> [The problem]
Only one stretch of the data below is wanted: the lines starting at the one with "status = some" and ending at the one with "score_of gross_points r = r.gross_gw_points", both included, given again exactly.
* * * * * * * * *
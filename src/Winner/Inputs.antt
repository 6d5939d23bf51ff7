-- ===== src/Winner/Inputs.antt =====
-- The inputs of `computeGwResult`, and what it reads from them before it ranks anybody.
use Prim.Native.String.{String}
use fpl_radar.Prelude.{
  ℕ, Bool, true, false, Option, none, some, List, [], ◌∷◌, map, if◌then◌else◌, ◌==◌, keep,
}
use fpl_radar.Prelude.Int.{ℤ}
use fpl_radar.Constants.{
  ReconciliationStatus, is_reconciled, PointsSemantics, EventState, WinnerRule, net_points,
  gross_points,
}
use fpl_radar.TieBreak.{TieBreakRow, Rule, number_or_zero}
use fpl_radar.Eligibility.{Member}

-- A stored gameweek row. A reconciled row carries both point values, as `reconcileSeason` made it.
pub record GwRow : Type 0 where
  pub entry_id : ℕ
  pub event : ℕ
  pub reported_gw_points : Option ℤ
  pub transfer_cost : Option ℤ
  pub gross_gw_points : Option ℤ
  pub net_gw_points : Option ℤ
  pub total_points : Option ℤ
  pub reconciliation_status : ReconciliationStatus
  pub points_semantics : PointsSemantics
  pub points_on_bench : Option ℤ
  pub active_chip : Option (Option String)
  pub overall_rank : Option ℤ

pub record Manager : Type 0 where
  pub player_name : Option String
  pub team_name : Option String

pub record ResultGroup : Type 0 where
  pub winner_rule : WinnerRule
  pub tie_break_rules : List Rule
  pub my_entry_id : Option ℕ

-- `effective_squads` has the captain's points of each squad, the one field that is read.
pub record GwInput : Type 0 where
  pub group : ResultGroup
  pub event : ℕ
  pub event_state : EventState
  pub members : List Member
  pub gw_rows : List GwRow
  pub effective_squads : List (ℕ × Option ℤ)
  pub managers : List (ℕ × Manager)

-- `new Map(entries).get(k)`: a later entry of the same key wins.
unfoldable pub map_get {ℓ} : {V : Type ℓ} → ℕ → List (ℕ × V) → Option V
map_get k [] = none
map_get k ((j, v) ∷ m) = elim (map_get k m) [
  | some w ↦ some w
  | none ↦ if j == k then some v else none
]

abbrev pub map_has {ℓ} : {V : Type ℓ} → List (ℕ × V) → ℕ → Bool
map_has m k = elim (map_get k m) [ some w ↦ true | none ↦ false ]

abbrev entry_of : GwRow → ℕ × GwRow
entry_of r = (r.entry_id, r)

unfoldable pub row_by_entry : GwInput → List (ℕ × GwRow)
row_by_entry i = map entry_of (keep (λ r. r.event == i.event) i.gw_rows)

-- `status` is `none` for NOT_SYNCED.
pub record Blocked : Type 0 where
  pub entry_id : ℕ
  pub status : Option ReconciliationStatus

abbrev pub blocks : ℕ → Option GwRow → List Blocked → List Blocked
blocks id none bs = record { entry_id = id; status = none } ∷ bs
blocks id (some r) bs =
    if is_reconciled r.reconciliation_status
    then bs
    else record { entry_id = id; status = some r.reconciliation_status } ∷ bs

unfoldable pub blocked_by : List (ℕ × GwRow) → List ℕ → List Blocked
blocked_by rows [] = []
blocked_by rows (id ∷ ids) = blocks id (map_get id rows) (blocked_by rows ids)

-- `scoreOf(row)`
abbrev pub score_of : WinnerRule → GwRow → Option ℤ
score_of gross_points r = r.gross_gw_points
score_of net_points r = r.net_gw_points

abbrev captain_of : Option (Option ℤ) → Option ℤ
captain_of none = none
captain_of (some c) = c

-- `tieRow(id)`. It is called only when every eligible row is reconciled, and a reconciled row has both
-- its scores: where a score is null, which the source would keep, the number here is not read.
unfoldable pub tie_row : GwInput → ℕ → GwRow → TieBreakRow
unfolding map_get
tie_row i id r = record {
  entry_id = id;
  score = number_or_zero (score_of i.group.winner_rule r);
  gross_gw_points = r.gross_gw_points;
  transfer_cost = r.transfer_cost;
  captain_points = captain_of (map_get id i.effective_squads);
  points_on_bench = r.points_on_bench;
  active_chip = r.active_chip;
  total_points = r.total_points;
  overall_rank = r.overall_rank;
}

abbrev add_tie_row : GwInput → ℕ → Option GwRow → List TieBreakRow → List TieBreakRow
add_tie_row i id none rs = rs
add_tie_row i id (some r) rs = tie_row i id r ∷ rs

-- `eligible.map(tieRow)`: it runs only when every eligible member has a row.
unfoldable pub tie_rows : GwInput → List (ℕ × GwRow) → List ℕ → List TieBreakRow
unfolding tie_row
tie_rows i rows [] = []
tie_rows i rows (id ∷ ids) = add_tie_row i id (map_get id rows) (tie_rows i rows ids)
* * * * * * * * *
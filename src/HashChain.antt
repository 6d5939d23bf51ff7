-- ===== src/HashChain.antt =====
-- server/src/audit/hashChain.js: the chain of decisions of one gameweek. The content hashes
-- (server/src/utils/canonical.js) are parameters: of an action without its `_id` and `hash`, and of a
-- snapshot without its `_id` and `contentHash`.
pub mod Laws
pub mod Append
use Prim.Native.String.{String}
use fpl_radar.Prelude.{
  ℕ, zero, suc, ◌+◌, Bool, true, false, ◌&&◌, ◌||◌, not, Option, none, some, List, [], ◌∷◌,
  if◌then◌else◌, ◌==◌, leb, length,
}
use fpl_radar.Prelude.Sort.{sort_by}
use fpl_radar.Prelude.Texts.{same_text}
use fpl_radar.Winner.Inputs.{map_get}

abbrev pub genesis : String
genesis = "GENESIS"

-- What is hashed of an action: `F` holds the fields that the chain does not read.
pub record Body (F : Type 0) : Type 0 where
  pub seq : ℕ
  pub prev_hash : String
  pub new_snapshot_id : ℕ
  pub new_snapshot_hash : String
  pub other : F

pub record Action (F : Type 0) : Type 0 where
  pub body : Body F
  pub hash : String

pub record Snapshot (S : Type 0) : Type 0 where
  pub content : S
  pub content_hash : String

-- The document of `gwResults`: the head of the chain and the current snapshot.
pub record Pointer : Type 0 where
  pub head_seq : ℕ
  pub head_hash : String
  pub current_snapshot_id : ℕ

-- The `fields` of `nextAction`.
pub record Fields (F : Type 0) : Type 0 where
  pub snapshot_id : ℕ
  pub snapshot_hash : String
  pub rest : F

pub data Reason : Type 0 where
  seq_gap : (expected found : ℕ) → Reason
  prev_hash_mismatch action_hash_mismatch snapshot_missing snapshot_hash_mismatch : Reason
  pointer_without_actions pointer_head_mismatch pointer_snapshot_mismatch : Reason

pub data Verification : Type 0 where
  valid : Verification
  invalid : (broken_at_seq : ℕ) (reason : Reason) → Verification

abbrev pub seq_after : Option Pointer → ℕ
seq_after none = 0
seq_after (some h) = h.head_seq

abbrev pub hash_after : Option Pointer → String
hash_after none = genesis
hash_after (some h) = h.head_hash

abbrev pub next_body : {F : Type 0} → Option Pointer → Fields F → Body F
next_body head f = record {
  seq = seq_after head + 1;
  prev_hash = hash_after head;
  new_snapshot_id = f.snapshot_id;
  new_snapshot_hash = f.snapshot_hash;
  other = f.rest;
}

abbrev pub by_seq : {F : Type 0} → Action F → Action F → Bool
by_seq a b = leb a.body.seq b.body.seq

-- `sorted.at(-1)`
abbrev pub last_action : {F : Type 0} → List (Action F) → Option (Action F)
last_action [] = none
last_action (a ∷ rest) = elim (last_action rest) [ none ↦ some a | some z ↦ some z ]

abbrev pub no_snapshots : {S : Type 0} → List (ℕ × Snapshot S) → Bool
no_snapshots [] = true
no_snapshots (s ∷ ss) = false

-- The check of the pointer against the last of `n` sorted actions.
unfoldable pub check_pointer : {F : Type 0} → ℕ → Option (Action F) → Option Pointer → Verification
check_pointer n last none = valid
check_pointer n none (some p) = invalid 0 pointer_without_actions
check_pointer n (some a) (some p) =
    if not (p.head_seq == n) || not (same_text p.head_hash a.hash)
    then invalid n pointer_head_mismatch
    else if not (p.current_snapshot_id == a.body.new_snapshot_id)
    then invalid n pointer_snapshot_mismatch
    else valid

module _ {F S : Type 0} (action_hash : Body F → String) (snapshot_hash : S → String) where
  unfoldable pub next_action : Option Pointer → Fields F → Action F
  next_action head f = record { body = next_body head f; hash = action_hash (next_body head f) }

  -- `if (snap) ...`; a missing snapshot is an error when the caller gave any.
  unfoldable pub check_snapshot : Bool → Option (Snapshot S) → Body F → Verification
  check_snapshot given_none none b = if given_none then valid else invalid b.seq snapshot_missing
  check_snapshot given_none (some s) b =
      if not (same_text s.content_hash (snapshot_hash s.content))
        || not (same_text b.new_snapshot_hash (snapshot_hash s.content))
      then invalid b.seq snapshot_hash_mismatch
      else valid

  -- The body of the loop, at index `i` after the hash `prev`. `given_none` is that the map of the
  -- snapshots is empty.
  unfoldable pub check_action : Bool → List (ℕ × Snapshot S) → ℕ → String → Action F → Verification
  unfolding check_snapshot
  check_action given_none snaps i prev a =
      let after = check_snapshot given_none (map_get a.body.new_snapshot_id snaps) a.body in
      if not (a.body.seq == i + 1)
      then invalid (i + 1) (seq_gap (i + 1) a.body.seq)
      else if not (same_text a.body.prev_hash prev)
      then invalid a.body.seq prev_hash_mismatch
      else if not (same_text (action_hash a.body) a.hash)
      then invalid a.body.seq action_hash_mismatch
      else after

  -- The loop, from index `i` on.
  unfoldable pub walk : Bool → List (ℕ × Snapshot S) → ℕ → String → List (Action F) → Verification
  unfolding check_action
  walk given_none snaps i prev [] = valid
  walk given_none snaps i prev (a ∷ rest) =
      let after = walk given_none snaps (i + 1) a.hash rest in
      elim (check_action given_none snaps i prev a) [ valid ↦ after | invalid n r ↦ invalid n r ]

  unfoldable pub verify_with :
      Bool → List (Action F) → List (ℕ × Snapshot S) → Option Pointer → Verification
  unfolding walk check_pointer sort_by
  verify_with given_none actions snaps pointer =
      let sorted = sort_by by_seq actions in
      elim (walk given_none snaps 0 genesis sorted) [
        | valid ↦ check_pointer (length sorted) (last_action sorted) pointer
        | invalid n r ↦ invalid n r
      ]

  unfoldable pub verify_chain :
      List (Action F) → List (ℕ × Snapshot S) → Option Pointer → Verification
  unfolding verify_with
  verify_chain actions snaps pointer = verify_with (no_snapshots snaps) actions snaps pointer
* * * * * * * * *
> [Written answer]
    else record { entry_id = id; status = some r.reconciliation_status } ∷ bs

unfoldable pub blocked_by : List (ℕ × GwRow) → List ℕ → List Blocked
blocked_by rows [] = []
blocked_by rows (id ∷ ids) = blocks id (map_get id rows) (blocked_by rows ids)

-- `scoreOf(row)`
abbrev pub score_of : WinnerRule → GwRow → Option ℤ
score_of gross_points r = r.gross_gw_points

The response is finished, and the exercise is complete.